■ **TASK DETAILS**: When a line of the entries contains "where", please list that line.

■ **EXTRACTED INFORMATION**:
Segment Open

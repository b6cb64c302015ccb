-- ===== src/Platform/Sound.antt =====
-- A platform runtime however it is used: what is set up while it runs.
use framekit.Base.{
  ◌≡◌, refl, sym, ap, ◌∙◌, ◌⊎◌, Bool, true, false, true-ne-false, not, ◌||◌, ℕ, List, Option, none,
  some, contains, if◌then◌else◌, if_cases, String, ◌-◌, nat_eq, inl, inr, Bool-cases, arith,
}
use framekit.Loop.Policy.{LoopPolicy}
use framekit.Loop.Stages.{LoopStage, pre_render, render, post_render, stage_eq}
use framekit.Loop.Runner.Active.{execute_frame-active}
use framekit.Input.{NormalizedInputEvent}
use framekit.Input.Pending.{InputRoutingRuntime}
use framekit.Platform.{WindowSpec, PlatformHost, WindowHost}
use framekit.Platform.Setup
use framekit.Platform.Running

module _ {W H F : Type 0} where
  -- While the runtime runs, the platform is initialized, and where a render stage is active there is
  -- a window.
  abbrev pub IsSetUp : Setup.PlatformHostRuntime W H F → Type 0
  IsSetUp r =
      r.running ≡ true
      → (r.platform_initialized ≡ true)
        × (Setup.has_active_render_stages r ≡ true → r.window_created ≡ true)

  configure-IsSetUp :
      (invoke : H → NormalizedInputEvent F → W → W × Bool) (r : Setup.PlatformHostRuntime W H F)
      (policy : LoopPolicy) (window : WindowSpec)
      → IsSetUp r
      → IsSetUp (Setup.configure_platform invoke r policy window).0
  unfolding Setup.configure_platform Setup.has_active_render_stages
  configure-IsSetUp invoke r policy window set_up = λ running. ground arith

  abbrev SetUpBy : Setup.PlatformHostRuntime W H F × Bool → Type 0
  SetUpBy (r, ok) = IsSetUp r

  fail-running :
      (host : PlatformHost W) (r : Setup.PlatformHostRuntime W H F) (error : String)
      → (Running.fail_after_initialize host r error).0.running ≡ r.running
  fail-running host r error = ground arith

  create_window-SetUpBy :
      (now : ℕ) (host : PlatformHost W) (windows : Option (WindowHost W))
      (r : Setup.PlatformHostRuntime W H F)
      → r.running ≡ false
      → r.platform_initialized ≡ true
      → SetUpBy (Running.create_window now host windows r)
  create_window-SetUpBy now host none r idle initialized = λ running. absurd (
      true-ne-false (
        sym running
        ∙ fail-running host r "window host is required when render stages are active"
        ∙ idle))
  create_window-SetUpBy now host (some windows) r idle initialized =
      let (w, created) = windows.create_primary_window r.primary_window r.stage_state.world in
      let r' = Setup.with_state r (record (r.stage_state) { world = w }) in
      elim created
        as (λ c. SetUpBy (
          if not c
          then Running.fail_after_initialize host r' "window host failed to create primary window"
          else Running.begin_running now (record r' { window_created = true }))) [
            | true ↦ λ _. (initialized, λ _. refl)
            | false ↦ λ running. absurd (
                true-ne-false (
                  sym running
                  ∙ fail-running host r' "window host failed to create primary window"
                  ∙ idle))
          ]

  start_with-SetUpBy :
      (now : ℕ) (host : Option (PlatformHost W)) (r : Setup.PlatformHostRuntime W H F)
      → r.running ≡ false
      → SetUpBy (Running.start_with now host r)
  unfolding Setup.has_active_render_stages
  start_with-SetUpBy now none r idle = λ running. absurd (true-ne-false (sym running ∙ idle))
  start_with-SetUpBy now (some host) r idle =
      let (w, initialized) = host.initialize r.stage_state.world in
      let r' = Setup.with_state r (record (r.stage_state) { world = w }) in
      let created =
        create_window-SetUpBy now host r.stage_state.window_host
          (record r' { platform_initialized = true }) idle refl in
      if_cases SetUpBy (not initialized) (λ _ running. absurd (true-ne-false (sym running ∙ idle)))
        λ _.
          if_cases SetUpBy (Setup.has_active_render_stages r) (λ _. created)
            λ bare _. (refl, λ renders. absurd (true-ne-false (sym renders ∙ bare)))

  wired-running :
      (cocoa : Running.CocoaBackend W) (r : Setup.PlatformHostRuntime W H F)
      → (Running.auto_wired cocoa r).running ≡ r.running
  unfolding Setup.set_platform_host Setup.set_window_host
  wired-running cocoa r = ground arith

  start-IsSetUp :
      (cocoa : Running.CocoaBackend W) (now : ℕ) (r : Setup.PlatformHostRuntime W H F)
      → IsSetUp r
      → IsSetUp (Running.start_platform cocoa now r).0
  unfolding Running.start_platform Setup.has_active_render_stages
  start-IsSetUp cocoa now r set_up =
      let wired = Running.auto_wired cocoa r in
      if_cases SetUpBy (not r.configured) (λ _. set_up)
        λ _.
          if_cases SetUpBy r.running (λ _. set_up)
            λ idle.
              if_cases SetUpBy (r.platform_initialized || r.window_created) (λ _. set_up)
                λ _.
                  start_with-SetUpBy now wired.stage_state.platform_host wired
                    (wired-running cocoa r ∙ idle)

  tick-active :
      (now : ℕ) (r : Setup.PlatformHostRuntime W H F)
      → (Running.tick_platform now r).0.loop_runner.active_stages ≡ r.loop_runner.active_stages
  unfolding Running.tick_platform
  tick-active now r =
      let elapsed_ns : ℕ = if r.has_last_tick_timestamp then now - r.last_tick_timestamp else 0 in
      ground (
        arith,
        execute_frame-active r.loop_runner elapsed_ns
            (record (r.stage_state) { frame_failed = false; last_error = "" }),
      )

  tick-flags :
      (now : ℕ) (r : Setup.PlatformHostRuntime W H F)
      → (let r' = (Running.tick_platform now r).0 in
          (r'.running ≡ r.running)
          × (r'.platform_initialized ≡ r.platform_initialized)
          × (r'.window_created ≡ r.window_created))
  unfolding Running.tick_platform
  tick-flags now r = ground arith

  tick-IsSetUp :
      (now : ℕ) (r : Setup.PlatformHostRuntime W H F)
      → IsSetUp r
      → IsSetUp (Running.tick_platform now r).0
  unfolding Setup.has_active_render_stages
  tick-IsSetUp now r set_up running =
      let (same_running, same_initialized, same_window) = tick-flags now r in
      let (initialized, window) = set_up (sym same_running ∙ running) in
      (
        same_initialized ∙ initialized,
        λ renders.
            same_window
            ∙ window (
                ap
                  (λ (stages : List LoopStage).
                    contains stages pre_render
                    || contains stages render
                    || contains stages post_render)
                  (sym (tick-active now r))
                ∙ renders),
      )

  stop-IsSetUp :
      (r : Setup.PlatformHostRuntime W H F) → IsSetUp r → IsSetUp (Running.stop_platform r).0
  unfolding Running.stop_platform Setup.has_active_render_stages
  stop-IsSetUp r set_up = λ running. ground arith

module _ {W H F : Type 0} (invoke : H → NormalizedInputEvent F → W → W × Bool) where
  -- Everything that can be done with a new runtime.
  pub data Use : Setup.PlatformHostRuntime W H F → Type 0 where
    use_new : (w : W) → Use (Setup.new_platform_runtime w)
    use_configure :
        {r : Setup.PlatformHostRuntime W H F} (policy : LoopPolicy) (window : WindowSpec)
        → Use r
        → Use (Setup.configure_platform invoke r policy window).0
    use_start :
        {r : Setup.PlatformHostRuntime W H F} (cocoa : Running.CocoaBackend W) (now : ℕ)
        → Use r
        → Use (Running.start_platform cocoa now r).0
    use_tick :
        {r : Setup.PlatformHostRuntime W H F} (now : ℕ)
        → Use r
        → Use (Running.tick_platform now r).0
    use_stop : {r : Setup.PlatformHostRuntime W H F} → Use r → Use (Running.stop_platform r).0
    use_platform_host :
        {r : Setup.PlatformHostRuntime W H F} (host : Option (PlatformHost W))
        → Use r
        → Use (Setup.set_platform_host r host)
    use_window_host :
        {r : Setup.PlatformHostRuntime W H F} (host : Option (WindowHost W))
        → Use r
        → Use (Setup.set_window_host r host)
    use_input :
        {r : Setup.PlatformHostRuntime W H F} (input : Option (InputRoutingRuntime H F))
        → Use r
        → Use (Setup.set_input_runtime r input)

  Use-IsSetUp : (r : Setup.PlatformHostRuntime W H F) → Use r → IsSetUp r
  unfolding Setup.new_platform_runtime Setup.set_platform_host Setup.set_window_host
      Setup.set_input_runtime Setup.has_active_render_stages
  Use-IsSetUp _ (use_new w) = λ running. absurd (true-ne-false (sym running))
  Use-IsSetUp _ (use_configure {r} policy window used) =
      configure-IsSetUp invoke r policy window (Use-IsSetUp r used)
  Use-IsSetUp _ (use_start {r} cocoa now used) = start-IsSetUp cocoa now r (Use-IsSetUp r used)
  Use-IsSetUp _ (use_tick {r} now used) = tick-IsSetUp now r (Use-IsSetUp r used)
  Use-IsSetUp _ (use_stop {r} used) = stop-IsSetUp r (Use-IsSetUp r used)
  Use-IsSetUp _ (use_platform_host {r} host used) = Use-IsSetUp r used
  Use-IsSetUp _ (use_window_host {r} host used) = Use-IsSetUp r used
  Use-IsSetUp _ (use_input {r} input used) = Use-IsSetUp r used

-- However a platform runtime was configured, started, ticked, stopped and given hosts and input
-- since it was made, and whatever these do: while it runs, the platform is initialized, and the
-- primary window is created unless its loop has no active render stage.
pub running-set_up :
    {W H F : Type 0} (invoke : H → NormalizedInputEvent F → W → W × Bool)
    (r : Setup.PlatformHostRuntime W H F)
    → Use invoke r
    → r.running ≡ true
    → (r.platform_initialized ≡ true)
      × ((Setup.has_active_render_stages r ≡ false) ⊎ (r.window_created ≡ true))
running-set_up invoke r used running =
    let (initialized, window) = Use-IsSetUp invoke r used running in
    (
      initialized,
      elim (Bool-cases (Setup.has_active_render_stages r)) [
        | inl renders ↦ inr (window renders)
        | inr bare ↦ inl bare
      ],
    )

Segment Closed

■ **EXERCISE SOLUTION**:
module _ {W H F : Type 0} where
  -- While the runtime runs, the platform is initialized, and where a render stage is active there is
module _ {W H F : Type 0} (invoke : H → NormalizedInputEvent F → W → W × Bool) where
  pub data Use : Setup.PlatformHostRuntime W H F → Type 0 where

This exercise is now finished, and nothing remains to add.